* Input records
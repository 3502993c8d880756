-- ===== src/Session.antt =====
-- crates/runen-net/src/session.rs: participant membership, connection binding and recovery.
pub mod State
pub mod Operations
pub mod Invariant
pub mod Binding
pub mod Ending
pub mod Expiry
pub mod History
pub mod Authorization
pub mod Effects
pub mod Atomicity
pub mod Finality
pub mod Report
mod Witnesses
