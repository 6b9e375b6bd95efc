-- ===== src/Db/Queries/Listings/Findings.antt =====
-- What `list_findings` of app/infrastructure/db/repositories.py returns, without its joins and its sort.
use mathlib.Core.Path.{fun_ext}
use std.Path.{subst}
use npm_sentinel.Base.{◌≡◌, refl, Bool, true, false, ◌&&◌, Option, arith}
use npm_sentinel.Db.Models.{Db, PackageModel, ScanResultModel, FindingModel}
use npm_sentinel.Db.Table.{find_row, Unique}
use npm_sentinel.Db.Select.Order.{Apart-of_Unique}
use npm_sentinel.Db.Select.Joins.{
  attach, wanted, read, join-eq-attach, Unique-attach, and_attached, find_row-attach,
}
use npm_sentinel.Db.Select.Listing.{Ranked, Ranked-page}
use npm_sentinel.Db.Session.{has_scan_id}
use npm_sentinel.Db.Reads.{Pagination, FindingFilters, FindingRead}
use npm_sentinel.Db.Queries.{created_after, to_finding_read, finding_condition, list_findings}
use npm_sentinel.Db.Queries.Listings.{
  wants, wants_like, newer, package_of, if_given-wants, if_given-like, and_rotate,
}

-- The scan of a finding, with its package.
abbrev pub scan_of : Db → FindingModel → Option (ScanResultModel × PackageModel)
scan_of db f =
    and_attached (λ r. r.id) (package_of db)
      (find_row (has_scan_id f.scan_result_id) db.scan_results)

-- The finding is what each of the three filters asks for.
abbrev pub finding_wanted : FindingFilters → FindingModel × (ScanResultModel × PackageModel) → Bool
finding_wanted filters (f, (r, p)) =
    wants_like filters.package_name p.name
    && (wants filters.severity f.finding.severity
        && wants filters.finding_type f.finding.finding_type)

-- What is read of a finding, with its scan and package.
abbrev pub finding_row : FindingModel × (ScanResultModel × PackageModel) → FindingRead
finding_row (f, (r, p)) = record {
  id = f.id;
  scan_result_id = f.scan_result_id;
  package_id = r.package_id;
  package_name = p.name;
  finding = f.finding;
  created_at = f.created_at;
}

to_finding_read-eq :
    (x : FindingModel × (ScanResultModel × PackageModel)) → to_finding_read x ≡ finding_row x
unfolding to_finding_read
to_finding_read-eq (f, (r, p)) = refl

finding_newer : (a b : FindingModel) → created_after a b ≡ newer a.created_at a.id b.created_at b.id
finding_newer a b = ground arith

created_after_asym : (a b : FindingModel) → created_after a b ≡ true → created_after b a ≡ false
created_after_asym a b h = ground arith

created_after_trans :
    (a b c : FindingModel)
    → created_after a b ≡ true
    → created_after b c ≡ true
    → created_after a c ≡ true
created_after_trans a b c h k = ground arith

created_after_separates :
    (a b : FindingModel) → created_after a b ≡ false → created_after b a ≡ false → a.id ≡ b.id
created_after_separates a b h k = ground arith

finding_condition-eq :
    (filters : FindingFilters) (x : FindingModel × (ScanResultModel × PackageModel))
    → finding_condition filters x ≡ finding_wanted filters x
unfolding finding_condition
finding_condition-eq filters (f, (r, p)) =
    rw
      (
        if_given-wants filters.severity f.finding.severity,
        if_given-wants filters.finding_type f.finding.finding_type,
        if_given-like filters.package_name p.name,
      )
      (and_rotate (wants filters.severity f.finding.severity)
        (wants filters.finding_type f.finding.finding_type)
        (wants_like filters.package_name p.name))

findings_by_query :
    (filters : FindingFilters) (pagination : Pagination) (db : Db)
    → Unique (λ p. p.id) db.packages
    → Unique (λ r. r.id) db.scan_results
    → Unique (λ f. f.id) db.findings
    → Ranked created_after
        (wanted (scan_of db) (finding_wanted filters))
        (read (scan_of db) to_finding_read)
        pagination.limit
        pagination.offset
        db.findings
        (list_findings filters pagination db)
unfolding list_findings
findings_by_query filters pagination db u v w =
    rw
      (
        join-eq-attach (λ p. p.id) (λ r. r.package_id) db.scan_results db.packages u,
        join-eq-attach (λ x. x.0.id) (λ f. f.scan_result_id) db.findings
            (attach (package_of db) db.scan_results)
            (Unique-attach (λ r. r.id) (package_of db) db.scan_results v),
        fun_ext (λ (f : FindingModel).
            find_row-attach (λ r. r.id) (package_of db) f.scan_result_id db.scan_results v),
        fun_ext (finding_condition-eq filters),
      )
      (Ranked-page created_after created_after_asym created_after_trans (scan_of db)
        (finding_wanted filters) to_finding_read pagination.limit pagination.offset db.findings
        (Apart-of_Unique created_after (λ f. f.id) created_after_separates db.findings w))

-- If packages, scans and findings each have different keys: the total is the number of findings that have a scan
-- with a package and are what the filters ask for; the page is as long as the limit and these allow; and such a
-- finding stands on the page, each field as it is stored and with its scan and package, at the number of such findings that were created after it,
-- or at the same time with a greater key, less the offset, if that place is on the page.
pub list_findings-Ranked :
    (filters : FindingFilters) (pagination : Pagination) (db : Db)
    → Unique (λ p. p.id) db.packages
    → Unique (λ r. r.id) db.scan_results
    → Unique (λ f. f.id) db.findings
    → Ranked
        (λ a b. newer a.created_at a.id b.created_at b.id)
        (wanted (scan_of db) (finding_wanted filters))
        (read (scan_of db) finding_row)
        pagination.limit
        pagination.offset
        db.findings
        (list_findings filters pagination db)
list_findings-Ranked filters pagination db u v w =
    subst
      (λ (view : FindingModel × (ScanResultModel × PackageModel) → FindingRead).
        Ranked (λ a b. newer a.created_at a.id b.created_at b.id)
          (wanted (scan_of db) (finding_wanted filters)) (read (scan_of db) view) pagination.limit
          pagination.offset db.findings (list_findings filters pagination db))
      (fun_ext to_finding_read-eq)
      (subst
        (λ (before : FindingModel → FindingModel → Bool).
          Ranked before (wanted (scan_of db) (finding_wanted filters))
            (read (scan_of db) to_finding_read) pagination.limit pagination.offset db.findings
            (list_findings filters pagination db))
        (fun_ext (λ (a : FindingModel). fun_ext (finding_newer a)))
        (findings_by_query filters pagination db u v w))
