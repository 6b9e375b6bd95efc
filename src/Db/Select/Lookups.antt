-- ===== src/Db/Select/Lookups.antt =====
-- Joins whose condition one row meets at most, as lookups.
use npm_sentinel.Base.{
  ◌≡◌, refl, ap, ◌∙◌, inl, inr, Bool, true, false, Option, none, some, List, [], ◌∷◌, map, arith,
  Bool-cases, Option-cases,
}
use npm_sentinel.Db.Table.{select_rows, some_row}
use npm_sentinel.Db.Select.{join, outer_join}
use npm_sentinel.Db.Select.Joins.{attach, as_list}

abbrev pub holds : {B : Type 0} → (B → Bool) → Option B → Bool
holds w none = false
holds w (some b) = w b

module _ {A B : Type 0} (on : A → B → Bool) (g : A → Option B) (bs : List B)
    (h : (a : A) → select_rows (on a) bs ≡ as_list (g a)) where
  pub outer_join-eq-attach : (rs : List A) → outer_join on rs bs ≡ attach (λ a. some (g a)) rs
  unfolding outer_join attach
  outer_join-eq-attach [] = refl
  outer_join-eq-attach (a ∷ rs) = elim (Option-cases (g a)) [
    | inl gone ↦ rw (h a, gone) (ap (◌∷◌ (a, none)) (outer_join-eq-attach rs))
    | inr (b, found) ↦ rw (h a, found) (ap (◌∷◌ (a, some b)) (outer_join-eq-attach rs))
  ]

  pub select_rows-join :
      (w : B → Bool) (rs : List A)
      → map (λ x. x.0) (select_rows (λ x. w x.1) (join on rs bs))
        ≡ select_rows (λ a. holds w (g a)) rs
  unfolding join select_rows
  select_rows-join w [] = refl
  select_rows-join w (a ∷ rs) = elim (Option-cases (g a)) [
    | inl gone ↦ rw (h a, gone) (select_rows-join w rs)
    | inr (b, found) ↦
        rw (h a, found)
          (elim (Bool-cases (w b)) [
            | inl kept ↦ rw kept (ap (◌∷◌ a) (select_rows-join w rs))
            | inr out ↦ rw out (select_rows-join w rs)
          ])
  ]

pub select_rows-all : {B : Type 0} (bs : List B) → select_rows (λ b. true) bs ≡ bs
unfolding select_rows
select_rows-all [] = refl
select_rows-all (b ∷ bs) = ap (◌∷◌ b) (select_rows-all bs)

module _ {B : Type 0} (v w : B → Bool) where
  some_row-swap : (bs : List B) → some_row v (select_rows w bs) ≡ some_row w (select_rows v bs)
  unfolding some_row select_rows
  some_row-swap [] = refl
  some_row-swap (b ∷ bs) = elim (Bool-cases (v b)) [
    | inl hit ↦ elim (Bool-cases (w b)) [
      | inl kept ↦ rw (hit, kept, hit) refl
      | inr out ↦ rw (hit, out) (some_row-swap bs)
    ]
    | inr miss ↦ elim (Bool-cases (w b)) [
      | inl kept ↦ rw (miss, kept, miss) (some_row-swap bs)
      | inr out ↦ rw (miss, out) (some_row-swap bs)
    ]
  ]

  some_row-as_list : (o : Option B) → some_row w (as_list o) ≡ holds w o
  unfolding some_row
  some_row-as_list none = refl
  some_row-as_list (some b) = ground arith

  -- Whether the one row that `v` selects is among those that `w` selects.
  pub some_row-lookup :
      (bs : List B) (o : Option B)
      → select_rows v bs ≡ as_list o
      → some_row v (select_rows w bs) ≡ holds w o
  some_row-lookup bs o h = some_row-swap bs ∙ (ap (some_row w) h ∙ some_row-as_list o)
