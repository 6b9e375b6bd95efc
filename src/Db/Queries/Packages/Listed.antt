-- ===== src/Db/Queries/Packages/Listed.antt =====
-- What `list_packages` and `get_package_detail` return, without their joins and window queries.
use npm_sentinel.Db.Queries.Packages.Recency.{
  newest_first_asym, newest_first_trans, newest_first_ties,
}
use npm_sentinel.Db.Select.Lookups.{
  holds, outer_join-eq-attach, select_rows-join, some_row-lookup, select_rows-all,
}
use mathlib.Core.Path.{fun_ext}
use npm_sentinel.Base.{
  ℕ, String, ◌≡◌, refl, sym, ap, ◌∙◌, inl, inr, Bool, true, false, ◌&&◌, ◌||◌, Option, none, some,
  List, [], ◌∷◌, arith, is_empty, str_eq, str_eq_iff, Bool-cases, All, or_false, min, ◌-◌,
}
use npm_sentinel.Db.Models.{Db, PackageModel, ScanResultModel}
use npm_sentinel.Db.Table.{select_rows, some_row, Unique}
use npm_sentinel.Db.Select.Order.{Apart}
use npm_sentinel.Db.Select.First.{select_rows-select_rows}
use npm_sentinel.Db.Select.Joins.{attach, as_list}
use npm_sentinel.Db.Select.Listing.{Ranked, Ranked-page}
use npm_sentinel.Db.Packages.{has_package_name}
use npm_sentinel.Db.Reads.{Pagination, PackageListFilters}
use npm_sentinel.Db.Queries.{latest_scan_subquery}
use npm_sentinel.Db.Queries.Windows.{latest_of, latest_scan_subquery-latest_of}
use npm_sentinel.Db.Queries.Listings.{wants_like, if_given-like}
use npm_sentinel.Db.Queries.Packages.{
  scanned_after, of_package, has_level, given, with_level, counts_level, has_name_like,
  to_list_item, list_packages,
}

-- No two packages have the same name.
abbrev pub UniqueNames : List PackageModel → Type 0
UniqueNames [] = Unit
UniqueNames (p ∷ ps) = (some_row (has_package_name p.name) ps ≡ false) × UniqueNames ps

-- A package without a scan of the kind has no level that is asked for.
abbrev pub has_level_of : String → Option ScanResultModel → Bool
has_level_of text none = false
has_level_of text (some r) = str_eq r.risk_level text

abbrev pub wants_level : Option String → Option ScanResultModel → Bool
wants_level none latest = true
wants_level (some text) latest = is_empty text || has_level_of text latest

-- The newest completed scan has the level that is asked for, and the name is like the text.
abbrev pub package_wanted : PackageListFilters → Db → PackageModel → Bool
package_wanted filters db p =
    wants_level filters.risk_level (latest_of true db p.id) && wants_like filters.name_query p.name

abbrev latest_pair : Db → PackageModel → Option (Option ScanResultModel)
latest_pair db p = some (latest_of false db p.id)

-- The conditions of the query on its joined rows.
abbrev row_wanted : PackageListFilters → Db → PackageModel × Option ScanResultModel → Bool
row_wanted filters db row = package_wanted filters db row.0

holds-has_level_of :
    (text : String) (o : Option ScanResultModel) → holds (has_level text) o ≡ has_level_of text o
holds-has_level_of text none = refl
holds-has_level_of text (some r) = refl

and_comm : (a b : Bool) → (a && b) ≡ (b && a)
and_comm a b = ground arith

clash : {b : Bool} → b ≡ true → b ≡ false → ⊥
clash h k = cc (h, k)

module _ (db : Db) (u : Unique (λ r. r.id) db.scan_results) where
  latest :
      (p : PackageModel)
      → select_rows (of_package p.id) (latest_scan_subquery false db)
        ≡ as_list (latest_of false db p.id)
  latest p = latest_scan_subquery-latest_of false p.id db u

  with_level-wants :
      (o : Option String) (rows : List (PackageModel × Option ScanResultModel))
      → with_level (given o) db rows
        ≡ select_rows (λ row. wants_level o (latest_of true db row.0.id)) rows
  unfolding with_level
  with_level-wants none rows = sym (select_rows-all rows)
  with_level-wants (some String.[]) rows = sym (select_rows-all rows)
  with_level-wants (some (String.◌∷◌ c s)) rows =
      select_rows-join (λ row. of_package row.0.id) (λ row. latest_of true db row.0.id)
        (latest_scan_subquery true db) (λ row. latest_scan_subquery-latest_of true row.0.id db u)
        (has_level (String.◌∷◌ c s)) rows
      ∙ ap (λ (q : PackageModel × Option ScanResultModel → Bool). select_rows q rows)
          (fun_ext (λ (row : PackageModel × Option ScanResultModel).
            holds-has_level_of (String.◌∷◌ c s) (latest_of true db row.0.id)))

  counts_level-wants :
      (o : Option String) (p : PackageModel)
      → counts_level (given o) db p ≡ wants_level o (latest_of true db p.id)
  unfolding counts_level
  counts_level-wants none p = refl
  counts_level-wants (some String.[]) p = refl
  counts_level-wants (some (String.◌∷◌ c s)) p =
      some_row-lookup (of_package p.id) (has_level (String.◌∷◌ c s)) (latest_scan_subquery true db)
        (latest_of true db p.id) (latest_scan_subquery-latest_of true p.id db u)
      ∙ holds-has_level_of (String.◌∷◌ c s) (latest_of true db p.id)

-- The conditions of the rows and of the count, as the ones that are asked for.
kept_row :
    (filters : PackageListFilters) (db : Db) (row : PackageModel × Option ScanResultModel)
    → (wants_level filters.risk_level (latest_of true db row.0.id) && has_name_like filters row.0)
      ≡ row_wanted filters db row
kept_row filters db row = rw (if_given-like filters.name_query row.0.name) refl

counted :
    (filters : PackageListFilters) (db : Db)
    → Unique (λ r. r.id) db.scan_results
    → (p : PackageModel)
    → (has_name_like filters p && counts_level (given filters.risk_level) db p)
      ≡ package_wanted filters db p
counted filters db u p =
    rw (if_given-like filters.name_query p.name, counts_level-wants db u filters.risk_level p)
      (and_comm (wants_like filters.name_query p.name)
        (wants_level filters.risk_level (latest_of true db p.id)))

module _ (text_before : String → String → Bool)
    (asym : (a b : String) → text_before a b ≡ true → text_before b a ≡ false)
    (trans : (a b c : String)
      → text_before a b ≡ true
      → text_before b c ≡ true
      → text_before a c ≡ true)
    (separates : (a b : String) → text_before a b ≡ false → text_before b a ≡ false → a ≡ b) where
  scanned_after_asym :
      (a b : PackageModel)
      → scanned_after text_before a b ≡ true
      → scanned_after text_before b a ≡ false
  scanned_after_asym a b h =
      newest_first_asym a.last_scanned_at b.last_scanned_at (text_before a.name b.name)
        (text_before b.name a.name) (asym a.name b.name) h

  scanned_after_trans :
      (a b c : PackageModel)
      → scanned_after text_before a b ≡ true
      → scanned_after text_before b c ≡ true
      → scanned_after text_before a c ≡ true
  scanned_after_trans a b c h k =
      newest_first_trans a.last_scanned_at b.last_scanned_at c.last_scanned_at
        (text_before a.name b.name) (text_before b.name c.name) (text_before a.name c.name)
        (trans a.name b.name c.name) h k

  others_apart :
      (p : PackageModel) (ps : List PackageModel)
      → some_row (has_package_name p.name) ps ≡ false
      → All (λ q. scanned_after text_before q p ≡ false → scanned_after text_before p q ≡ true) ps
  unfolding some_row
  others_apart p [] h = tt
  others_apart p (q ∷ ps) h = (
    λ m. elim (Bool-cases (scanned_after text_before p q)) [
      | inl hit ↦ hit
      | inr miss ↦
          let (t, u) =
            newest_first_ties p.last_scanned_at q.last_scanned_at (text_before p.name q.name)
              (text_before q.name p.name) miss m in
          let same = (str_eq_iff q.name p.name).1 (sym (separates p.name q.name t u)) in
          absurd (
            clash same
              (or_false (str_eq q.name p.name) (some_row (has_package_name p.name) ps) h).0)
    ],
    others_apart p ps (or_false (str_eq q.name p.name) (some_row (has_package_name p.name) ps) h).1,
  )

  Apart-of_UniqueNames :
      (ps : List PackageModel) → UniqueNames ps → Apart (scanned_after text_before) ps
  Apart-of_UniqueNames [] u = tt
  Apart-of_UniqueNames (p ∷ ps) (fresh, u) = (others_apart p ps fresh, Apart-of_UniqueNames ps u)

  -- For any strict total order of texts, if packages have different names and scans different keys: the total is
  -- the number of packages whose newest completed scan has the level that is asked for and whose name is like the
  -- text; the page is as long as the limit and these allow; and such a package stands on the page, with the
  -- level of its newest scan, at the number of such packages that were scanned after it (never scanned ones last,
  -- then by name), less the offset, if that place is on the page.
  pub list_packages-Ranked :
      (filters : PackageListFilters) (pagination : Pagination) (db : Db)
      → UniqueNames db.packages
      → Unique (λ r. r.id) db.scan_results
      → Ranked
          (scanned_after text_before)
          (package_wanted filters db)
          (λ p. some (to_list_item (p, latest_of false db p.id)))
          pagination.limit
          pagination.offset
          db.packages
          (list_packages text_before filters pagination db)
  unfolding list_packages
  list_packages-Ranked filters pagination db u v =
      let rows = attach (latest_pair db) db.packages in
      let level = with_level-wants db v filters.risk_level rows in
      let joined =
        outer_join-eq-attach (λ p. of_package p.id) (λ p. latest_of false db p.id)
          (latest_scan_subquery false db) (latest db v) db.packages in
      let filtered =
        select_rows-select_rows (λ row. has_name_like filters row.0)
          (λ row. wants_level filters.risk_level (latest_of true db row.0.id)) rows in
      let (total, size, placed) =
        Ranked-page (scanned_after text_before) scanned_after_asym scanned_after_trans
          (latest_pair db) (row_wanted filters db) to_list_item pagination.limit pagination.offset
          db.packages (Apart-of_UniqueNames db.packages u) in
      rw (joined, level, filtered, fun_ext (kept_row filters db), fun_ext (counted filters db v))
        (refl, size ∙ ap (λ (n : ℕ). min pagination.limit (n - pagination.offset)) total, placed)
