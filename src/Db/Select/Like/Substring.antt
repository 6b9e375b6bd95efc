-- ===== src/Db/Select/Like/Substring.antt =====
-- A pattern `%…%` around a text without wild cards finds the texts that contain it.
use text.Mathlib.TextLemmas.{nil-append, cons-append}
use text.Mathlib.TextEquality.{Char-path}
use Prim.Native.Char.{Char, code}
use npm_sentinel.Base.{
  String, ◌≡◌, refl, sym, ap, ◌∙◌, ◌↔◌, inl, inr, Bool, true, false, ◌&&◌, ◌||◌, arith, ◌==◌,
  Bool-cases, and_true, is_empty, lower, append,
}
use npm_sentinel.Db.Select.Like.{any_rest, like_from, ilike}

-- No character of the text is a wild card or the escape.
abbrev pub IsPlain : String → Type 0
IsPlain String.[] = Unit
IsPlain (String.◌∷◌ c s) =
    (code c == b'%' ≡ false) × (code c == b'_' ≡ false) × (code c == b'\\' ≡ false) × IsPlain s

-- The text is the other with texts around it.
abbrev pub Contains : String → String → Type 0
Contains t s = (a : String) × (b : String) × (t ≡ append a (append s b))

any_rest_sound :
    (k : String → Bool) (t : String)
    → any_rest k t ≡ true
    → (a : String) × (r : String) × (t ≡ append a r) × (k r ≡ true)
unfolding any_rest
any_rest_sound k String.[] h = ("", "", refl, h)
any_rest_sound k (String.◌∷◌ c t) h = elim (Bool-cases (k (String.◌∷◌ c t))) [
  | inl hit ↦ ("", String.◌∷◌ c t, sym (nil-append (String.◌∷◌ c t)), hit)
  | inr miss ↦
      let (a, r, e, l) = any_rest_sound k t (ground arith) in
      (String.◌∷◌ c a, r, ap (String.◌∷◌ c) e ∙ sym (cons-append c a r), l)
]

any_rest_here : (k : String → Bool) (r : String) → k r ≡ true → any_rest k r ≡ true
unfolding any_rest
any_rest_here k String.[] h = h
any_rest_here k (String.◌∷◌ c r) h = rw h refl

or_true : (b : Bool) → (b || true) ≡ true
or_true true = refl
or_true false = refl

any_rest_complete : (k : String → Bool) (a r : String) → k r ≡ true → any_rest k (append a r) ≡ true
unfolding any_rest
any_rest_complete k String.[] r h = rw (nil-append r) (any_rest_here k r h)
any_rest_complete k (String.◌∷◌ c a) r h =
    rw (cons-append c a r, any_rest_complete k a r h) (or_true _)

anything : (t : String) → any_rest is_empty t ≡ true
unfolding any_rest
anything String.[] = refl
anything (String.◌∷◌ c t) = anything t

step_plain :
    (c d : Char) (q t : String)
    → code c == b'%' ≡ false
    → code c == b'_' ≡ false
    → code c == b'\\' ≡ false
    → (code d == code c && like_from false (append q "%") t)
      ≡ like_from false (append (String.◌∷◌ c q) "%") (String.◌∷◌ d t)
unfolding like_from
step_plain c d q t h₁ h₂ h₃ = rw (cons-append c q "%", like_from, h₁, h₂, h₃) refl

empty_plain :
    (c : Char) (q : String)
    → code c == b'%' ≡ false
    → code c == b'_' ≡ false
    → code c == b'\\' ≡ false
    → like_from false (append (String.◌∷◌ c q) "%") "" ≡ false
unfolding like_from
empty_plain c q h₁ h₂ h₃ = rw (cons-append c q "%", like_from, h₁, h₂, h₃) refl

anything_like : (t : String) → like_from false "%" t ≡ true
unfolding like_from
anything_like t = anything t

cons_congr : {c d : Char} {s t : String} → c ≡ d → s ≡ t → String.◌∷◌ c s ≡ String.◌∷◌ d t
cons_congr e f = cc (e, f)

plain_sound :
    (q t : String)
    → IsPlain q
    → like_from false (append q "%") t ≡ true
    → (b : String) × (t ≡ append q b)
unfolding like_from
plain_sound String.[] t h l = (t, sym (nil-append t))
plain_sound (String.◌∷◌ c q) String.[] (h₁, h₂, h₃, h) l = cc (empty_plain c q h₁ h₂ h₃, l)
plain_sound (String.◌∷◌ c q) (String.◌∷◌ d t) (h₁, h₂, h₃, h) l =
    let m : (code d == code c && like_from false (append q "%") t) ≡ true =
      step_plain c d q t h₁ h₂ h₃ ∙ l in
    let (same, rest) = and_true (code d == code c) (like_from false (append q "%") t) m in
    let (b, e) = plain_sound q t h rest in
    let head : d ≡ c = Char-path d c (ground arith) in
    (b, cons_congr head e ∙ sym (cons-append c q b))

plain_complete : (q b : String) → IsPlain q → like_from false (append q "%") (append q b) ≡ true
plain_complete String.[] b h = rw (nil-append b) (anything_like b)
plain_complete (String.◌∷◌ c q) b (h₁, h₂, h₃, h) =
    rw (cons-append c q b, ← step_plain c c q (append q b) h₁ h₂ h₃, plain_complete q b h)
      (ground arith)

percent_first : (p t : String) → like_from false (append "%" p) t ≡ any_rest (like_from false p) t
unfolding like_from
percent_first p t =
    let e : append "%" p ≡ String.◌∷◌ "%" p =
      cons-append "%" "" p ∙ ap (String.◌∷◌ "%") (nil-append p) in
    ap (λ (x : String). like_from false x t) e

lower-append : (s t : String) → lower (append s t) ≡ append (lower s) (lower t)
unfolding lower
lower-append String.[] t = rw (nil-append t, nil-append (lower t)) refl
lower-append (String.◌∷◌ c s) t =
    rw (cons-append c s t, cons-append _ (lower s) (lower t), lower-append s t) refl

ilike-around :
    (text q : String)
    → ilike text (append "%" (append q "%"))
      ≡ any_rest (like_from false (append (lower q) "%")) (lower text)
unfolding ilike
ilike-around text q =
    rw (lower-append "%" (append q "%"), lower-append q "%")
      (percent_first (append (lower q) "%") (lower text))

-- If the text that is looked for has, in lower case, no wild card and no escape, then the texts that are like
-- the filter's pattern are those that contain it, where upper and lower case do not differ.
pub ilike_iff :
    (text q : String)
    → IsPlain (lower q)
    → (ilike text (append "%" (append q "%")) ≡ true) ↔ Contains (lower text) (lower q)
ilike_iff text q h = (
  λ l.
      let (a, r, e, m) =
        any_rest_sound (like_from false (append (lower q) "%")) (lower text)
          (sym (ilike-around text q) ∙ l) in
      let (b, d) = plain_sound (lower q) r h m in (a, b, e ∙ ap (append a) d),
  λ (a, b, e).
      ilike-around text q
      ∙ rw e (
          any_rest_complete (like_from false (append (lower q) "%")) a (append (lower q) b)
            (plain_complete (lower q) b h)),
)
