-- ===== src/Db/Queries/Packages/Names.antt =====
-- The filter of list_packages on a part of the name.
use text.Mathlib.TextLemmas.{nil-append}
use npm_sentinel.Base.{String, ◌≡◌, refl, sym, ◌∙◌, ◌↔◌, true, Option, some, lower, append}
use npm_sentinel.Db.Models.{PackageModel}
use npm_sentinel.Db.Select.Like.Substring.{IsPlain, Contains, ilike_iff}
use npm_sentinel.Db.Queries.Packages.{has_name_like}

-- If the text that is asked for has, in lower case, no wild card and no escape, then a package passes the filter exactly
-- if its name contains the text, where upper and lower case do not differ; the empty text is no filter.
pub has_name_like_iff :
    (risk_level : Option String) (text : String) (p : PackageModel)
    → IsPlain (lower text)
    → (has_name_like (record { risk_level = risk_level; name_query = some text }) p ≡ true)
      ↔ Contains (lower p.name) (lower text)
unfolding lower
has_name_like_iff risk_level String.[] p plain = (
  λ h. ("", lower p.name, sym (nil-append (append "" (lower p.name)) ∙ nil-append (lower p.name))),
  λ c. refl,
)
has_name_like_iff risk_level (String.◌∷◌ c s) p plain = ilike_iff p.name (String.◌∷◌ c s) plain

* Exercise directions
Tally lines in the listing above that include the word "cases"; respond with that number only.

* Finished exercise
11